Before trial, Brown moved to suppress the confession. At the suppression hearing, the court, making findings of fact, rejected Brown's assertion that he had been coerced into giving the confession. The trial court stated:
I really don't believe anything he says. This is not going to make any difference in my decision in the case. I think he is an absolute liar ... I don't really care what he says. That's not going to be what decides this case ... I don't care what this guy says. He wasn't coerced in anyway [sic]. He wasn't afraid in anyway [sic].

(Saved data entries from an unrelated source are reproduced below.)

-- ===== src/Scheduler/Fairness.antt =====
-- Successive calls of `rr_schedule` (services/scheduler/round_robin.c).
use lugh_os.Base.{
  ℕ, zero, suc, pos, ◌<◌, true, ◌||◌, List, length, map, some, get_or, get_or-set, length-set, ◌≡◌,
  ◌⊎◌, inl, inr, ap, sym, ◌∙◌, arith, subst,
}
use mathlib.Core.Bool.{false≢true}
use native.Mathlib.Decide.{ℕ_discrete}
use lugh_os.Task.{Task, running}
use lugh_os.Tasks.{empty_task}
use lugh_os.Scheduler.{is_ready, is_running, yield_task, rr_schedule}
use lugh_os.Scheduler.RoundRobin.{
  distance, picked, runnable, yielded, length-yield, rr_schedule_lem,
}

-- The table that a pick of slot `k` leaves.
abbrev pub after_pick : List Task → ℕ → List Task
after_pick ts k = (picked (map yield_task ts) k).table

length-after_pick : (ts : List Task) (k : ℕ) → length (after_pick ts k) ≡ length ts
length-after_pick ts k = length-set (map yield_task ts) k _ ∙ length-yield ts

yield-runnable :
    (t : Task)
    → (is_ready (yield_task t).state || is_running (yield_task t).state)
      ≡ (is_ready t.state || is_running t.state)
yield-runnable t = ground arith

-- A pick changes no task from runnable to not, nor the other way.
runnable-after_pick :
    (ts : List Task) (k i : ℕ)
    → k < length ts
    → runnable ts k ≡ true
    → runnable (after_pick ts k) i ≡ runnable ts i
runnable-after_pick ts k i l run =
    let ys = map yield_task ts in
    let t = get_or ys k empty_task in
    let u : Task = record t { state = running } in
    let same = length-yield ts in
    let at = get_or-set ys k i u empty_task (omega (arith, same)) in
    let old =
      ap (λ x. is_ready x.state || is_running x.state) (yielded ts i)
      ∙ yield-runnable (get_or ts i empty_task) in
    elim (ℕ_discrete k i) [
      | yes e ↦
          let here : get_or (after_pick ts k) i empty_task ≡ u = ground (arith, at) in
          ap (λ x. is_ready x.state || is_running x.state) here
          ∙ sym (subst (λ j. runnable ts j ≡ true) e run)
      | no ne ↦
          let there : get_or (after_pick ts k) i empty_task ≡ get_or ys i empty_task =
            ground (arith, at) in
          ap (λ x. is_ready x.state || is_running x.state) there ∙ old
    ]

-- One of the next `f` calls picks slot `i`, and each call until then returns 0.
pub Served : ℕ → List Task → ℕ → ℕ → Type 0
Served zero ts c i = ⊥
Served (suc f) ts c i =
    (k : ℕ) × (rr_schedule ts (pos c) ≡ some (picked (map yield_task ts) k))
    × ((k ≡ i) ⊎ Served f (after_pick ts k) k i)

Served-within :
    (f : ℕ) (ts : List Task) (c i : ℕ)
    → c < length ts
    → i < length ts
    → runnable ts i ≡ true
    → distance (length ts) c i < f
    → Served f ts c i
unfolding Served
Served-within zero ts c i l p run d = absurd (omega arith)
Served-within (suc f) ts c i l p run d = elim (rr_schedule_lem ts c l) [
  | inl (all, (k, lk, e)) ↦ absurd (false≢true (sym (all i p) ∙ run))
  | inr (k, lk, hit, least, e) ↦ (
    k,
    e,
    elim (ℕ_discrete k i) [
      | yes same ↦ inl same
      | no other ↦
          let len = length-after_pick ts k in
          let near = least i p run in
          inr (
            Served-within f (after_pick ts k) k i (omega (arith, len)) (omega (arith, len))
              (runnable-after_pick ts k i lk hit ∙ run)
              (subst (λ n. distance n k i < f) (sym len) (ground arith)))
    ],
  )
]

-- With the cursor inside the table, a task that is READY or RUNNING is picked by one of as many
-- successive calls of `rr_schedule` as the table has tasks, if nothing else changes the table.
pub rr_schedule_fair :
    (ts : List Task) (c i : ℕ)
    → c < length ts
    → i < length ts
    → runnable ts i ≡ true
    → Served (length ts) ts c i
rr_schedule_fair ts c i l p run = Served-within (length ts) ts c i l p run (ground arith)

On a motion to suppress, it is the trial court: (1) who is the trier of both fact and law; (2) who determines the credibility of the witnesses and the weight of the evidence; (3) whose determinations concerning questions of fact must be accepted by appellate courts; and (4) whose resolution of conflicting evidence will not be disturbed on appeal. Gonzalez v. State, 578 So.2d 729 (Fla. 3d DCA 1991); State v. Belcher, 520 So.2d 303 (Fla. 3d DCA), review denied, 529 So.2d 695 (Fla.), cert. denied, 488 U.S.